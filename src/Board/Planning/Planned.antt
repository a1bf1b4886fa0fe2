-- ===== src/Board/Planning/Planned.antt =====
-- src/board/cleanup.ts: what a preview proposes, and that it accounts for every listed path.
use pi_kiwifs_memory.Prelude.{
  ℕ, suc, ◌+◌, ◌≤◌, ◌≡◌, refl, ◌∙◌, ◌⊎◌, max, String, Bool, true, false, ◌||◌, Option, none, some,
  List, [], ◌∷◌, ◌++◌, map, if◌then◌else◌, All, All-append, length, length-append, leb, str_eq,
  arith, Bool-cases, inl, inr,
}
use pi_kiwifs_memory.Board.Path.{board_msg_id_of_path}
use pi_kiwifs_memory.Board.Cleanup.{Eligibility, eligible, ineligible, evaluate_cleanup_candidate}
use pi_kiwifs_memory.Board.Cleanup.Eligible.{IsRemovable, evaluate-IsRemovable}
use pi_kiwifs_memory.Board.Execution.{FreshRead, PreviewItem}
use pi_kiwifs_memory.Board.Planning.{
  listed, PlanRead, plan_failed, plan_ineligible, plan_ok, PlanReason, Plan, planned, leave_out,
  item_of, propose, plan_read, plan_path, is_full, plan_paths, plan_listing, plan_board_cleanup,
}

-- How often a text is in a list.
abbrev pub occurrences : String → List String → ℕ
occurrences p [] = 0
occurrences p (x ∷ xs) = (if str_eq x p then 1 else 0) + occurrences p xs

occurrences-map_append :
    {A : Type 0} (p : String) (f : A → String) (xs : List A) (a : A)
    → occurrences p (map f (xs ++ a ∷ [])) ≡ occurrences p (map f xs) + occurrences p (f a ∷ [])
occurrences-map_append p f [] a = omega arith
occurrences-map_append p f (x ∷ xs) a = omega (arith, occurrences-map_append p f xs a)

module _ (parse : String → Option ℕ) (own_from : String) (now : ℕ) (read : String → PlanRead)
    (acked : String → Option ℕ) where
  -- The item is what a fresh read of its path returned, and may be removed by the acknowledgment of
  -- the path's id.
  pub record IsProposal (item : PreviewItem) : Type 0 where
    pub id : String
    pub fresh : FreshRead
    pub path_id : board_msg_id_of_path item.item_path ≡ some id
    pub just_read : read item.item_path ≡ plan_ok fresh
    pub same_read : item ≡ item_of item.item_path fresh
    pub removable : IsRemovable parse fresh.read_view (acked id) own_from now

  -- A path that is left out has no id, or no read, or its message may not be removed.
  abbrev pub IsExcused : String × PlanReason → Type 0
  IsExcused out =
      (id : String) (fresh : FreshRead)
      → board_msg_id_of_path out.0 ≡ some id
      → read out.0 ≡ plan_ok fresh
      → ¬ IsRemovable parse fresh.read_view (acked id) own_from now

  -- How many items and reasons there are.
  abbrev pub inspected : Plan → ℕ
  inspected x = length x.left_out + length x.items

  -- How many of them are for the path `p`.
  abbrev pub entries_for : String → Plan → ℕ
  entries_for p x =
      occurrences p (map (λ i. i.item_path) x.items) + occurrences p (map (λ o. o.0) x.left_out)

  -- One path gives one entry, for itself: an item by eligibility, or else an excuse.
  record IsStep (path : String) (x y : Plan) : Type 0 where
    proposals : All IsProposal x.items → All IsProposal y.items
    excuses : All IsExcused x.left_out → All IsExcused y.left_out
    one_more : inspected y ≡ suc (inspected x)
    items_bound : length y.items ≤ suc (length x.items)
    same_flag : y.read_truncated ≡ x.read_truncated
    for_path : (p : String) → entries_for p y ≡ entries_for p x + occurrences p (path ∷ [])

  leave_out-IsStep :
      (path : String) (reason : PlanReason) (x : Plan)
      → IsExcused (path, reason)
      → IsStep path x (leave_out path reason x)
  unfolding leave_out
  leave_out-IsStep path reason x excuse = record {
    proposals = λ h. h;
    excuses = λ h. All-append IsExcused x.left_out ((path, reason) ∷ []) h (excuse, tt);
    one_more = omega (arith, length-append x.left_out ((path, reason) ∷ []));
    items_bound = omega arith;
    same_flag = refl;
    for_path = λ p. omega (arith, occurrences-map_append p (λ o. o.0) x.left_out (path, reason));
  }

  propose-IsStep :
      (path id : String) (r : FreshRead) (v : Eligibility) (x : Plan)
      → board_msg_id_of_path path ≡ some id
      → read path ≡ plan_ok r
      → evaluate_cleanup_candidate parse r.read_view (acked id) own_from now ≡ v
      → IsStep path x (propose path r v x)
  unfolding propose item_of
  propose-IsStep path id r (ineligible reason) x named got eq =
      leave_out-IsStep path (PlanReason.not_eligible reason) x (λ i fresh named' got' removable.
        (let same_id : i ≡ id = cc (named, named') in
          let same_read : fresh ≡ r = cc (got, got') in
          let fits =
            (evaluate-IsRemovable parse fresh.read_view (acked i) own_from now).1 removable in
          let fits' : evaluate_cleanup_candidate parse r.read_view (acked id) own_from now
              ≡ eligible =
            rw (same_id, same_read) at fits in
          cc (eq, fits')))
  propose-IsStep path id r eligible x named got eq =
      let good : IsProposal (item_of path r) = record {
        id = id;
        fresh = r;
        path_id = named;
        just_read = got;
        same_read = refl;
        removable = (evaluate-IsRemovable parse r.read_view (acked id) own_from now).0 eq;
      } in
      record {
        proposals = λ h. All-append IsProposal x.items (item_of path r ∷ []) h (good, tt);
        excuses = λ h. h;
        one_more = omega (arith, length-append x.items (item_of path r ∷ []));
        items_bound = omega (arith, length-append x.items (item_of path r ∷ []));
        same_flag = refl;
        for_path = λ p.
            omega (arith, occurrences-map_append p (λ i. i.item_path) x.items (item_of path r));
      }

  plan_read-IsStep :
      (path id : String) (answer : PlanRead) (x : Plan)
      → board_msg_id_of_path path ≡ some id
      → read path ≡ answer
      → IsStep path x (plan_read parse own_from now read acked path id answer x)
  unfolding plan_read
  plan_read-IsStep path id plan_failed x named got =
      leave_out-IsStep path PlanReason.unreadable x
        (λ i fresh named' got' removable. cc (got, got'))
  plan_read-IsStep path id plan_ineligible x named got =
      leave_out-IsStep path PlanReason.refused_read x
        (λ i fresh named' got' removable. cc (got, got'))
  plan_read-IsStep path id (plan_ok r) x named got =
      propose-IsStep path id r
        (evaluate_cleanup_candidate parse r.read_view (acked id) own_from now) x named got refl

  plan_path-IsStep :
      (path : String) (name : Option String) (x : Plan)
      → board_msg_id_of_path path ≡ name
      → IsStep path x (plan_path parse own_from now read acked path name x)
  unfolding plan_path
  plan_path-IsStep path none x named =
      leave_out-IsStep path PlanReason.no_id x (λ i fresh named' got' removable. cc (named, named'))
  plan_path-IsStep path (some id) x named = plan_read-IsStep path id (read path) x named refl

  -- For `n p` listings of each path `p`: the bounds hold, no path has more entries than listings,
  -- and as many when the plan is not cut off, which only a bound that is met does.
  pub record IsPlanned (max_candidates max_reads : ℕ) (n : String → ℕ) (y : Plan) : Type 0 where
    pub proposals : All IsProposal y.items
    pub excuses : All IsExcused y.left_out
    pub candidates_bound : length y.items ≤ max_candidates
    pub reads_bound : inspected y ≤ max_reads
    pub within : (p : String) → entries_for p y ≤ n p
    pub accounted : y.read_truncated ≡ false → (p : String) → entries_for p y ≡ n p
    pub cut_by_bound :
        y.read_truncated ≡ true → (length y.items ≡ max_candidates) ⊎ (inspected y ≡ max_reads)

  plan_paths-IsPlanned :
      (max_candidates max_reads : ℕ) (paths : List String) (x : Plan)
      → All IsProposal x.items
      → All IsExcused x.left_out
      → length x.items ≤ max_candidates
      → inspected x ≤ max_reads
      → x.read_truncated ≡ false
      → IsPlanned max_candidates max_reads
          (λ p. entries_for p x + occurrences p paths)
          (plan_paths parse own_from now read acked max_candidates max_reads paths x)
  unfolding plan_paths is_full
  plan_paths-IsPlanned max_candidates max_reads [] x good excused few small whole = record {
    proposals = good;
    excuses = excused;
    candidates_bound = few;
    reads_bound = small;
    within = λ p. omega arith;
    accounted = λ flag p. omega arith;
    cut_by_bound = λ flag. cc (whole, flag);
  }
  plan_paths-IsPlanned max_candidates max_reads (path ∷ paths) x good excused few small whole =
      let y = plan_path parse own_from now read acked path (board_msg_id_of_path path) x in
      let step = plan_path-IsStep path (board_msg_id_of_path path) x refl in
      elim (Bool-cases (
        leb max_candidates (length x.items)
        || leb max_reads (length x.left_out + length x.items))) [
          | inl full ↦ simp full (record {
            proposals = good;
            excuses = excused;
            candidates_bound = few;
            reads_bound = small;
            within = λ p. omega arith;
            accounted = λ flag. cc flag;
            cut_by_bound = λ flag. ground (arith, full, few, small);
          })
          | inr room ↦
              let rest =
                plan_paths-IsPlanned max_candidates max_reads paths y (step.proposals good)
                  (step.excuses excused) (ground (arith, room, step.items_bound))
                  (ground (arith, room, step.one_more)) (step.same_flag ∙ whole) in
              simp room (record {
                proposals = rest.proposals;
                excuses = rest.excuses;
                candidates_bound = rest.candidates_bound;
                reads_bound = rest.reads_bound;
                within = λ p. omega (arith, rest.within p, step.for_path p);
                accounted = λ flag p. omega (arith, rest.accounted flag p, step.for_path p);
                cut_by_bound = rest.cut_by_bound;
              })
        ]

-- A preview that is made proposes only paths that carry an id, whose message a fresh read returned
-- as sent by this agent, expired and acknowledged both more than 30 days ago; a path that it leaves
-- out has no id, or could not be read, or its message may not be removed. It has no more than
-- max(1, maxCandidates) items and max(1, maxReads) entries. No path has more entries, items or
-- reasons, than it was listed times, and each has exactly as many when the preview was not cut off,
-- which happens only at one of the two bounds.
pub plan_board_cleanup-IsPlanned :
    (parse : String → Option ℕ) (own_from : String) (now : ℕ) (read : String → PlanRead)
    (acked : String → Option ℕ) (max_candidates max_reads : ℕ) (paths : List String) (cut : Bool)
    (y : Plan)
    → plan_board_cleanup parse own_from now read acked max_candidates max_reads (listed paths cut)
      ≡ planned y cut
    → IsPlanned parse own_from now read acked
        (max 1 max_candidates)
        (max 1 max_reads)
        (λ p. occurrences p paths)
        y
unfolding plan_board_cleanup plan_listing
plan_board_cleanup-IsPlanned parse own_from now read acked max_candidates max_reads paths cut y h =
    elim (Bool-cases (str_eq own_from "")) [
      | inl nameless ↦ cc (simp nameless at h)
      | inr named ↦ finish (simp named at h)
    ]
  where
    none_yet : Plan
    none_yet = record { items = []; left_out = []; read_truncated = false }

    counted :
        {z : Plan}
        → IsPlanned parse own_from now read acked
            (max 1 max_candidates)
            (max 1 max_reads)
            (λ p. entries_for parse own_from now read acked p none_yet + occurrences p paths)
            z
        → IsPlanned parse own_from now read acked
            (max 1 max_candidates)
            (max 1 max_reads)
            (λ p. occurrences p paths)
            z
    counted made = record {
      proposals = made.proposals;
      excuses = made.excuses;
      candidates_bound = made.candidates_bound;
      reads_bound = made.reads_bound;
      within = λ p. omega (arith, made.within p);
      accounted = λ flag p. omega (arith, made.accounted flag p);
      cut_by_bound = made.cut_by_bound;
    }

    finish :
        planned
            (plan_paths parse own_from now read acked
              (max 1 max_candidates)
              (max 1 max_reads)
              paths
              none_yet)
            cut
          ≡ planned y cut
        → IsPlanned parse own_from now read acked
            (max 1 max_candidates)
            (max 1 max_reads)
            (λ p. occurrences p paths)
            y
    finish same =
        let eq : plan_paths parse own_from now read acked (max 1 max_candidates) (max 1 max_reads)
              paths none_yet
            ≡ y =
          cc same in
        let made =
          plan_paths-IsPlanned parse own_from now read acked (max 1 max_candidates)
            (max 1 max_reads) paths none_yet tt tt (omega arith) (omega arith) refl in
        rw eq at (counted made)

┄┄┄┄┄┄

EXERCISE PROMPT: Starting with the line above that holds "excuses = λ h. All-append" and stopping with the line that holds "path ≡ answer", reproduce each line exactly, omitting all other lines.

RESPONSE AREA:
    excuses = λ h. All-append IsExcused x.left_out ((path, reason) ∷ []) h (excuse, tt);
    one_more = omega (arith, length-append x.left_out ((path, reason) ∷ []));
    items_bound = omega arith;
    same_flag = refl;
    for_path = λ p. omega (arith, occurrences-map_append p (λ o. o.0) x.left_out (path, reason));
  }

  propose-IsStep :
      (path id : String) (r : FreshRead) (v : Eligibility) (x : Plan)
      → board_msg_id_of_path path ≡ some id
      → read path ≡ plan_ok r
      → evaluate_cleanup_candidate parse r.read_view (acked id) own_from now ≡ v
      → IsStep path x (propose path r v x)
  unfolding propose item_of
  propose-IsStep path id r (ineligible reason) x named got eq =
      leave_out-IsStep path (PlanReason.not_eligible reason) x (λ i fresh named' got' removable.
        (let same_id : i ≡ id = cc (named, named') in
          let same_read : fresh ≡ r = cc (got, got') in
          let fits =
            (evaluate-IsRemovable parse fresh.read_view (acked i) own_from now).1 removable in
          let fits' : evaluate_cleanup_candidate parse r.read_view (acked id) own_from now
              ≡ eligible =
            rw (same_id, same_read) at fits in
          cc (eq, fits')))
  propose-IsStep path id r eligible x named got eq =
      let good : IsProposal (item_of path r) = record {
        id = id;
        fresh = r;
        path_id = named;
        just_read = got;
        same_read = refl;
        removable = (evaluate-IsRemovable parse r.read_view (acked id) own_from now).0 eq;
      } in
      record {
        proposals = λ h. All-append IsProposal x.items (item_of path r ∷ []) h (good, tt);
        excuses = λ h. h;
        one_more = omega (arith, length-append x.items (item_of path r ∷ []));
        items_bound = omega (arith, length-append x.items (item_of path r ∷ []));
        same_flag = refl;
        for_path = λ p.
            omega (arith, occurrences-map_append p (λ i. i.item_path) x.items (item_of path r));
      }

  plan_read-IsStep :
      (path id : String) (answer : PlanRead) (x : Plan)
      → board_msg_id_of_path path ≡ some id
      → read path ≡ answer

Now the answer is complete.